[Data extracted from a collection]
⟨
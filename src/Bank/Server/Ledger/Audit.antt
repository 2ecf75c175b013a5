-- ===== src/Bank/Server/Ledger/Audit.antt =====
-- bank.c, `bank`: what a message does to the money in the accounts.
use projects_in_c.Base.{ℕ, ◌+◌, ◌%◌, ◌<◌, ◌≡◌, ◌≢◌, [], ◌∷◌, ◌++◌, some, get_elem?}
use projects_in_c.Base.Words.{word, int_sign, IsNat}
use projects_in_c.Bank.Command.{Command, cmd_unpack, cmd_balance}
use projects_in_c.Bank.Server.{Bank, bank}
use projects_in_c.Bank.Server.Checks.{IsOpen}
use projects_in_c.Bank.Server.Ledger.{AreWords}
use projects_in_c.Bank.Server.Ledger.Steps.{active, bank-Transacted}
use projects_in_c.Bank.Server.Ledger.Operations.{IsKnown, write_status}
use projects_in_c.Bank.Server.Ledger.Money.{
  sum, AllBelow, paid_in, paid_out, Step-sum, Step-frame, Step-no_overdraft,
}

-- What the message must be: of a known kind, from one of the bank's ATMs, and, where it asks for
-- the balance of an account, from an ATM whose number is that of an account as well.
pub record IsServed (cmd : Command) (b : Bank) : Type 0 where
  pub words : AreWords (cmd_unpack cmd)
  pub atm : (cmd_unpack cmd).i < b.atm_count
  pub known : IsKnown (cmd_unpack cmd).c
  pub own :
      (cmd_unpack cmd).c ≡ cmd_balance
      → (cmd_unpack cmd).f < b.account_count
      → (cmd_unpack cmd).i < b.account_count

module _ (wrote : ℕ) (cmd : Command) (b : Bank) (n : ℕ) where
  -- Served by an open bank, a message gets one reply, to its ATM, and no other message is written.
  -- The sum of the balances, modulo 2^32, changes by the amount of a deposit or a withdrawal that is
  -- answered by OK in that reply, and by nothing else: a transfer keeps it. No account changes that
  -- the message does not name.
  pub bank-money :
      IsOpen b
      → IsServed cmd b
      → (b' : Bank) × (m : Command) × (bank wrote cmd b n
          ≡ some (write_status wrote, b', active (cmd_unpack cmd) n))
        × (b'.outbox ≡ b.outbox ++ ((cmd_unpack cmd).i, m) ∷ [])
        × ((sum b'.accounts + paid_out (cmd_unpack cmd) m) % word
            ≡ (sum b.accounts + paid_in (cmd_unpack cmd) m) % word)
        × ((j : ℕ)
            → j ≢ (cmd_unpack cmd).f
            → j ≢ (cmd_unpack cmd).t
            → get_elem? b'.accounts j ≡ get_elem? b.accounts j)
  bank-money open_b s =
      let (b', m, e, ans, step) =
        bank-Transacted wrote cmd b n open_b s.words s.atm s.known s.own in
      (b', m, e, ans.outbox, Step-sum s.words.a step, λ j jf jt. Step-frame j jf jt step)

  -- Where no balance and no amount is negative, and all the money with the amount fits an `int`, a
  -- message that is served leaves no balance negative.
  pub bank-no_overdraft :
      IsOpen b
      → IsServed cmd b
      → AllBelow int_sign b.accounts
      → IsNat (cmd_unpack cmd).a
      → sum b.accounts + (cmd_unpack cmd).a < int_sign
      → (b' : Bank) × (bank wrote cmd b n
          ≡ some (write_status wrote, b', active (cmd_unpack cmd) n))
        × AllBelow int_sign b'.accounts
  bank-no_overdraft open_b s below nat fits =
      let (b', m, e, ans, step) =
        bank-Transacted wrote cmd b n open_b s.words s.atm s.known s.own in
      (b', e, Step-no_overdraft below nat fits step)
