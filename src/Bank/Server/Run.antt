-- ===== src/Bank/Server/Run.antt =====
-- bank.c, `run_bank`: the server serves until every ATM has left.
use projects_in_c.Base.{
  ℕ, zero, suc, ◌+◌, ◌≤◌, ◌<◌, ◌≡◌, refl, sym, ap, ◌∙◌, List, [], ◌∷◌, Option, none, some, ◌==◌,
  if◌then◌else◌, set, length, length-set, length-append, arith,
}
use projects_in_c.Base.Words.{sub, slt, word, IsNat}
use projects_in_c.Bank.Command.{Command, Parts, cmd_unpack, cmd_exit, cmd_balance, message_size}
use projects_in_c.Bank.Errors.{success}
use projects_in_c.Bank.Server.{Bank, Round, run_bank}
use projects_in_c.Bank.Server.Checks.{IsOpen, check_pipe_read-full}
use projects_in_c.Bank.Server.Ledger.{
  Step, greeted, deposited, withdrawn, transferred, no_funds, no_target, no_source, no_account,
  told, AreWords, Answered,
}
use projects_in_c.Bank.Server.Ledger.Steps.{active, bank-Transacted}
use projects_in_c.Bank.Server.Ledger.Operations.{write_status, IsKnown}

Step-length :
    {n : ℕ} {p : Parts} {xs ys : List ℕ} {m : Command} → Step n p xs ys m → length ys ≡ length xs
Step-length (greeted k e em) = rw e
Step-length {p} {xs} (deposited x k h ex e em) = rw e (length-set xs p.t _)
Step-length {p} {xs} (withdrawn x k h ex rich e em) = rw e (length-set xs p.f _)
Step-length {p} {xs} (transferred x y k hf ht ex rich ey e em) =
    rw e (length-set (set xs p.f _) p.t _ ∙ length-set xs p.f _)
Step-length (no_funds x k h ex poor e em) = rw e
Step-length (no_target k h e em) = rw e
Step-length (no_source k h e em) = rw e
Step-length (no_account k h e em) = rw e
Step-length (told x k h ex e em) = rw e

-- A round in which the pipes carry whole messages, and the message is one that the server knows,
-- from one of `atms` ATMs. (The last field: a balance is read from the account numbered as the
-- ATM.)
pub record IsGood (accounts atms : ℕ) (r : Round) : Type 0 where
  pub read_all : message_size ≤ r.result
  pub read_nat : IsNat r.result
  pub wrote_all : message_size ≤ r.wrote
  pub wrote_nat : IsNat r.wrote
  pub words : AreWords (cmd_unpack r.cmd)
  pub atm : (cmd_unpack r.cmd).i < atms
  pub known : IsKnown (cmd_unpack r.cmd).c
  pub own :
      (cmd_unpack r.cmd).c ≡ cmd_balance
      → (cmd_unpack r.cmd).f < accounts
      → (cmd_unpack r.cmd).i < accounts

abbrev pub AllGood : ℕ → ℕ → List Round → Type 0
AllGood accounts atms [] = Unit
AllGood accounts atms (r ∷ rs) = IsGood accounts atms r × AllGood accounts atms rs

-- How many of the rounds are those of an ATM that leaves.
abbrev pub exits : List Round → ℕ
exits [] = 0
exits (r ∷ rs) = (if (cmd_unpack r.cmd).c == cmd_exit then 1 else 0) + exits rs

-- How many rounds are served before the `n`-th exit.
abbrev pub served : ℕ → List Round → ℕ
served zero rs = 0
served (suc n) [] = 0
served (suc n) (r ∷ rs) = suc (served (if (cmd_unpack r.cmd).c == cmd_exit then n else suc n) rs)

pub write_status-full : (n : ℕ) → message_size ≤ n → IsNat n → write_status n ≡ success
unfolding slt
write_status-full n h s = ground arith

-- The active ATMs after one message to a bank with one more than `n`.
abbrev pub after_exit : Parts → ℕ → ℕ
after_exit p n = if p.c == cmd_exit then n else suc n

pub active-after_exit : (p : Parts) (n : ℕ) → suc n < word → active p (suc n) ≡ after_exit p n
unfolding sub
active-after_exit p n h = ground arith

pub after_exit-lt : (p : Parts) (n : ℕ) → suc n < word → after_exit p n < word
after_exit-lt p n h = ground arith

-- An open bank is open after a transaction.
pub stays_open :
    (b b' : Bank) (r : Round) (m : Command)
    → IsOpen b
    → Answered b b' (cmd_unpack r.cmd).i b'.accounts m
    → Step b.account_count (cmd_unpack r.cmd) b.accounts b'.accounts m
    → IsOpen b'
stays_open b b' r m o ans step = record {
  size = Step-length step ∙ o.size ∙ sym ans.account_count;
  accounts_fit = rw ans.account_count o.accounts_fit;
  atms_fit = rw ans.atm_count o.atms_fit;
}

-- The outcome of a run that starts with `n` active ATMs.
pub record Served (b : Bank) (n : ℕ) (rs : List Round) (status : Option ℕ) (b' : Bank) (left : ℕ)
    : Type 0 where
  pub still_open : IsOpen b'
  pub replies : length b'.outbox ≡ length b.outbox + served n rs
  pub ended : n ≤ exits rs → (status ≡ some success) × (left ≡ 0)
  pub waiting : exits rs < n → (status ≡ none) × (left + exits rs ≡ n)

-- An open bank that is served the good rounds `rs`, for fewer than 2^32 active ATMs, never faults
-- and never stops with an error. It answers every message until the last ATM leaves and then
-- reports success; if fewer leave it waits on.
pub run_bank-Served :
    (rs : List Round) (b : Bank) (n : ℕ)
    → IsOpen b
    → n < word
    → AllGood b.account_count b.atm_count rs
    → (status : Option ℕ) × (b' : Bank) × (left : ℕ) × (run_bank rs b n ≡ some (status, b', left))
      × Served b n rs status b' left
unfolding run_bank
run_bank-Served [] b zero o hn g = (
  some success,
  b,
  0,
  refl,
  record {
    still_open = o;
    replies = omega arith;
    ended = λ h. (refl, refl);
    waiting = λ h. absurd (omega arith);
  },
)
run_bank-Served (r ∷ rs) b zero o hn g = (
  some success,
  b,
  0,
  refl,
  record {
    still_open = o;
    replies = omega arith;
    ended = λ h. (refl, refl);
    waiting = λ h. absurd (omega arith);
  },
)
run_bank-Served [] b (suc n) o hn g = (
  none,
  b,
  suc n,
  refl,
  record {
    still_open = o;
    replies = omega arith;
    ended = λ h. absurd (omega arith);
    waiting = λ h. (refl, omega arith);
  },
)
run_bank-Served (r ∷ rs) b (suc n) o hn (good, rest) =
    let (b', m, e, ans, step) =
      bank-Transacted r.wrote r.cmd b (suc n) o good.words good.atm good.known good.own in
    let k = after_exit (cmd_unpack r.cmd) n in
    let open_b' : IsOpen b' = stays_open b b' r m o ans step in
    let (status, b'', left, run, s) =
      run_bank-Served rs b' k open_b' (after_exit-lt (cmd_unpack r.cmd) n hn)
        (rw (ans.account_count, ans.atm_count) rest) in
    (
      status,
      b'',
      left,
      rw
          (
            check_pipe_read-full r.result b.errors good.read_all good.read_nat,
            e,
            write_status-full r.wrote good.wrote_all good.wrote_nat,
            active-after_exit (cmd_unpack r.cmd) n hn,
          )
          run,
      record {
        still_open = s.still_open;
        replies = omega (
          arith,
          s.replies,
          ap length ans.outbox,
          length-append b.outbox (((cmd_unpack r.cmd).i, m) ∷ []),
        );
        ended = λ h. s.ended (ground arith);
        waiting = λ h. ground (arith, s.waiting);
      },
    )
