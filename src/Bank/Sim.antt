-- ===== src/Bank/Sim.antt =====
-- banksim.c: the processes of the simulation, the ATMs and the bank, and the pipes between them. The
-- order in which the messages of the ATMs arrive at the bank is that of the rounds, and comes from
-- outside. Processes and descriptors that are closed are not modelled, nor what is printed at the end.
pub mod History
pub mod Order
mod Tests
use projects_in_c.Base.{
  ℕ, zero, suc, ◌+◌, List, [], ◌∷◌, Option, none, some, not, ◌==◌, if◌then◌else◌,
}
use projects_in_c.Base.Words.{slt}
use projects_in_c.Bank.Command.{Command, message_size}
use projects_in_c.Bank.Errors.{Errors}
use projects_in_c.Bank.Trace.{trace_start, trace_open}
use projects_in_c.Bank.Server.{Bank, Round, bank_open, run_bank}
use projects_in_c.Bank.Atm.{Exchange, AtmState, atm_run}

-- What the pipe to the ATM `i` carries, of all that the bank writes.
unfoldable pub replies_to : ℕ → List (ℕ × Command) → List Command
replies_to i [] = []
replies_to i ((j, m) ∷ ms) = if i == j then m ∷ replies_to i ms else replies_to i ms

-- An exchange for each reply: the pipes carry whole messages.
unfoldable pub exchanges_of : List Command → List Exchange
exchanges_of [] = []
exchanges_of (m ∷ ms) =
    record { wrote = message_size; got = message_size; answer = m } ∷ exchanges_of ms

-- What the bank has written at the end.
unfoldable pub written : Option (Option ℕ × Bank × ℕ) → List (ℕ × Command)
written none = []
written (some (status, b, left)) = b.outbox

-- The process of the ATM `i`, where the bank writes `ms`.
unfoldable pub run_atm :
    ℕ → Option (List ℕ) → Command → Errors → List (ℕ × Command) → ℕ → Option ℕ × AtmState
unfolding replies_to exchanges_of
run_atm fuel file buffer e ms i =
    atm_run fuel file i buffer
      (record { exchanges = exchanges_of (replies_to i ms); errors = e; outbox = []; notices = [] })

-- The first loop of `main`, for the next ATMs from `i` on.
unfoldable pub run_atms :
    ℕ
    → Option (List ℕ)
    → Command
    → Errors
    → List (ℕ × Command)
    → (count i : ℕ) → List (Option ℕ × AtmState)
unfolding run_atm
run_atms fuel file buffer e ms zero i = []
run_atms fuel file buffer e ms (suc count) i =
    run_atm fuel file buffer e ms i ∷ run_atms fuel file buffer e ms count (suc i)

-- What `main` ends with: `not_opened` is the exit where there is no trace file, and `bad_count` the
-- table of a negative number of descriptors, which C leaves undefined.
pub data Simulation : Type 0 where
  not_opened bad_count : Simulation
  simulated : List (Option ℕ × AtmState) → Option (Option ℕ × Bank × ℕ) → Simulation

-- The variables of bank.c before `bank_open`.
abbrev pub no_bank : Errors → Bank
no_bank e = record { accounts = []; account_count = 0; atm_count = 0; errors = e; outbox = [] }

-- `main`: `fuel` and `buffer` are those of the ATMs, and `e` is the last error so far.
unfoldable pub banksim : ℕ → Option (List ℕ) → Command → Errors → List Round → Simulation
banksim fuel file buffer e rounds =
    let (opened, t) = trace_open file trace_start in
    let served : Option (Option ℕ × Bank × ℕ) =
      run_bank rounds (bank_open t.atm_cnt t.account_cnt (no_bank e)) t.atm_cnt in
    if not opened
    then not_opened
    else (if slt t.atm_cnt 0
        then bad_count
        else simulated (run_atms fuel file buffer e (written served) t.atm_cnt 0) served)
⟩
All that is wanted is the stretch of lines above from the one containing "r.cmd).f < accounts" through the one containing "r.cmd).i b'.accounts m", duplicated exactly.

**ANSWER TO THE EXERCISE:**
      → (cmd_unpack r.cmd).f < accounts
      → (cmd_unpack r.cmd).i < accounts

abbrev pub AllGood : ℕ → ℕ → List Round → Type 0
AllGood accounts atms [] = Unit
AllGood accounts atms (r ∷ rs) = IsGood accounts atms r × AllGood accounts atms rs

-- How many of the rounds are those of an ATM that leaves.
abbrev pub exits : List Round → ℕ
exits [] = 0
exits (r ∷ rs) = (if (cmd_unpack r.cmd).c == cmd_exit then 1 else 0) + exits rs

-- How many rounds are served before the `n`-th exit.
abbrev pub served : ℕ → List Round → ℕ
served zero rs = 0
served (suc n) [] = 0
served (suc n) (r ∷ rs) = suc (served (if (cmd_unpack r.cmd).c == cmd_exit then n else suc n) rs)

pub write_status-full : (n : ℕ) → message_size ≤ n → IsNat n → write_status n ≡ success
unfolding slt
write_status-full n h s = ground arith

-- The active ATMs after one message to a bank with one more than `n`.
abbrev pub after_exit : Parts → ℕ → ℕ
after_exit p n = if p.c == cmd_exit then n else suc n

pub active-after_exit : (p : Parts) (n : ℕ) → suc n < word → active p (suc n) ≡ after_exit p n
unfolding sub
active-after_exit p n h = ground arith

pub after_exit-lt : (p : Parts) (n : ℕ) → suc n < word → after_exit p n < word
after_exit-lt p n h = ground arith

-- An open bank is open after a transaction.
pub stays_open :
    (b b' : Bank) (r : Round) (m : Command)
    → IsOpen b
    → Answered b b' (cmd_unpack r.cmd).i b'.accounts m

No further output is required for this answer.